Here is the listing. Report each line in it that contains the string "unset".

### EXCERPTED RECORDS
'''

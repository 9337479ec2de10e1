-- ===== src/Auth/Tests.antt =====
-- Tokens in headers and in a policy of src/auth.rs, and the theorems at them.
use Prim.Native.String.{◌++◌}
use meta_agent_control_plane.Prelude.{
  ◌≡◌, ◌↔◌, ◌⊎◌, refl, String, true, false, ◌&&◌, not, Option, none, some, if◌then◌else◌,
}
use meta_agent_control_plane.Auth
use meta_agent_control_plane.Auth.{AuthPolicy, Header, missing, text, granted, denied}
use meta_agent_control_plane.Auth.Sample.{text_comparison}
use meta_agent_control_plane.Auth.Laws.{
  granted_iff, bearer_token_parts, preferred_token_iff, IsBearer,
}

abbrev policy : AuthPolicy
policy = record { token = some "0123456789abcdef"; protect_reads = true }

program : Unit {0}
unfolding Auth.compare_tokens Auth.authorize Auth.authorize_ingest Auth.authorize_read
    Auth.split_once Auth.ascii_lower Auth.eq_ignore_ascii_case Auth.is_ascii_whitespace
    Auth.has_ascii_whitespace Auth.accept_token Auth.bearer_token Auth.preferred_token
program = tt

wrong_token : Auth.authorize_read text_comparison policy (some "0123456789abcdeg") ≡ denied
unfolding program
wrong_token = refl

scheme_case : Auth.bearer_token (text "bEaReR token-1") ≡ some "token-1"
unfolding program
scheme_case = refl

two_tokens : Auth.preferred_token (text "Bearer one two") (some "three") ≡ none
unfolding program
two_tokens = refl

granted_iff_example :
    ((Auth.authorize_ingest text_comparison policy (some "0123456789abcdef") ≡ granted) ↔ (
      (policy.token ≡ none)
      ⊎ ((t : String) × (policy.token ≡ some t) × (some "0123456789abcdef" ≡ some t))))
    × ((Auth.authorize_read text_comparison policy (some "0123456789abcdef") ≡ granted) ↔ (
        (policy.protect_reads ≡ false)
        ⊎ (Auth.authorize_ingest text_comparison policy (some "0123456789abcdef") ≡ granted)))
granted_iff_example = granted_iff text_comparison policy (some "0123456789abcdef")

no_space_in_scheme : Auth.has_ascii_whitespace "Bearer" ≡ false
unfolding program
no_space_in_scheme = refl

no_space_in_token : Auth.has_ascii_whitespace "token-1" ≡ false
unfolding program
no_space_in_token = refl

bearer_token_parts_example : Auth.bearer_token (text ("Bearer" ++ " " ++ "token-1")) ≡ (
    if Auth.eq_ignore_ascii_case "Bearer" "bearer" && not (Auth.is_empty "token-1")
    then some "token-1"
    else none)
bearer_token_parts_example =
    bearer_token_parts "Bearer" "token-1" no_space_in_scheme no_space_in_token

abbrev query : Option String
query = some "other"

read_token : Auth.preferred_token (text "Bearer token-1") query ≡ some "token-1"
unfolding program
read_token = refl

preferred_token_iff_example :
    (Auth.preferred_token (text "Bearer token-1") query ≡ some "token-1") ↔ (
      ((text "Bearer token-1" ≡ missing) × (query ≡ some "token-1"))
      ⊎ IsBearer "token-1" (text "Bearer token-1"))
preferred_token_iff_example = preferred_token_iff (text "Bearer token-1") query "token-1"
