-- ===== src/Config/Limits.antt =====
-- What a configuration that passes `validate` of src/config.rs promises: capacities and limits in
-- range, and no listener open to other machines unless both directions are protected.
use Prim.Native.String.{len}
use meta_agent_control_plane.Prelude.{
  ℕ, ◌≤◌, ◌<◌, ◌≡◌, ◌↔◌, ◌⊎◌, refl, String, true, false, ◌&&◌, ◌||◌, not, Option, none, some,
  nat_beq, ltb, arith, ok, reject_if, ◌&◌, and_then, unless,
}
use meta_agent_control_plane.Config.{
  Config, ConfigError, positive_capacities, capacities, is_none, is_weak, is_loopback,
  has_non_loopback_listener, validate, max_http_stream_payload_bytes, max_udp_datagram_bytes,
}

-- Every capacity is positive.
pub record HasCapacity (c : Config) : Type 0 where
  pub agents : 0 < c.agent_capacity
  pub goals : 0 < c.goal_capacity
  pub tasks : 0 < c.task_capacity
  pub lessons : 0 < c.lesson_capacity
  pub events : 0 < c.event_capacity
  pub idempotency : 0 < c.idempotency_capacity
  pub updates : 0 < c.update_channel_capacity
  pub connections : 0 < c.max_tcp_connections

pub record IsBetween (low high n : ℕ) : Type 0 where
  pub at_least : low ≤ n
  pub at_most : n ≤ high

-- The token is long enough, if there is one.
pub data IsStrong : Option String → Type 0 where
  unset : IsStrong none
  set : {token : String} → 16 ≤ len token → IsStrong (some token)

abbrev pub HasToken : Config → Type 0
HasToken c = (token : String) × (c.auth_token ≡ some token)

-- Every listener is on a loopback address.
abbrev pub IsLocal : Config → Type 0
IsLocal c =
    (is_loopback c.http_addr.ip ≡ true)
    × (is_loopback c.tcp_addr.ip ≡ true)
    × (is_loopback c.udp_addr.ip ≡ true)

-- Other machines cannot reach the listeners without `P`, unless the operator chose so.
abbrev pub Guards : Config → Type 0 → Type 0
Guards c P = IsLocal c ⊎ P ⊎ (c.allow_unauthenticated_remote ≡ true)

abbrev pub IsAcceptable : Config → Type 0
IsAcceptable c =
    HasCapacity c
    & IsBetween 1 max_http_stream_payload_bytes c.max_payload_bytes
    & IsBetween 1 max_udp_datagram_bytes c.max_udp_payload_bytes
    & IsStrong c.auth_token
    & ((c.protect_read_api ≡ false) ⊎ HasToken c)
    & Guards c (HasToken c)
    & Guards c (c.protect_read_api ≡ true)

capacity_iff : (c : Config) → (positive_capacities (capacities c) ≡ ok) ↔ HasCapacity c
unfolding positive_capacities
capacity_iff c = (λ h. ground arith, λ h. ground arith)

IsBetween-iff :
    (n high : ℕ) (e : ConfigError)
    → (reject_if (nat_beq n 0 || ltb high n) e ≡ ok) ↔ IsBetween 1 high n
IsBetween-iff n high e = unless _ e (λ h. ground arith, λ h. ground arith)

strong_len : {token : String} → IsStrong (some token) → 16 ≤ len token
strong_len (set long) = long

IsStrong-iff : (o : Option String) (e : ConfigError) → (reject_if (is_weak o) e ≡ ok) ↔ IsStrong o
IsStrong-iff none e = (λ h. unset, λ h. refl)
IsStrong-iff (some token) e =
    (λ h. set (ground arith), λ h. let long = strong_len h in ground arith)

protection_iff :
    (c : Config) (e : ConfigError)
    → (reject_if (c.protect_read_api && is_none c.auth_token) e ≡ ok)
      ↔ ((c.protect_read_api ≡ false) ⊎ HasToken c)
protection_iff c e = unless _ e (λ h. ground arith, λ h. ground arith)

ingest_iff :
    (c : Config) (e : ConfigError)
    → (reject_if
          (has_non_loopback_listener c
            && is_none c.auth_token
            && not c.allow_unauthenticated_remote)
          e
        ≡ ok)
      ↔ Guards c (HasToken c)
unfolding has_non_loopback_listener
ingest_iff c e = unless _ e (λ h. ground arith, λ h. ground arith)

reads_iff :
    (c : Config) (e : ConfigError)
    → (reject_if
          (has_non_loopback_listener c
            && not c.protect_read_api
            && not c.allow_unauthenticated_remote)
          e
        ≡ ok)
      ↔ Guards c (c.protect_read_api ≡ true)
unfolding has_non_loopback_listener
reads_iff c e = unless _ e (λ h. ground arith, λ h. ground arith)

-- The daemon accepts a configuration exactly when every capacity is positive, the payload limits
-- are in range, a token that is set has at least 16 bytes, protected reads have a token, and either
-- the listeners are all on loopback addresses, or a token is set and reads are protected, or the
-- operator allowed unauthenticated remote access.
pub config_validate_iff : (c : Config) → (validate c ≡ ok) ↔ IsAcceptable c
unfolding validate
config_validate_iff c =
    search
      (and_then, capacity_iff, IsBetween-iff, IsStrong-iff, protection_iff, ingest_iff, reads_iff)
      depth 9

'''

### SOLUTION FOR THIS PROBLEM
  unset : IsStrong none
IsStrong-iff none e = (λ h. unset, λ h. refl)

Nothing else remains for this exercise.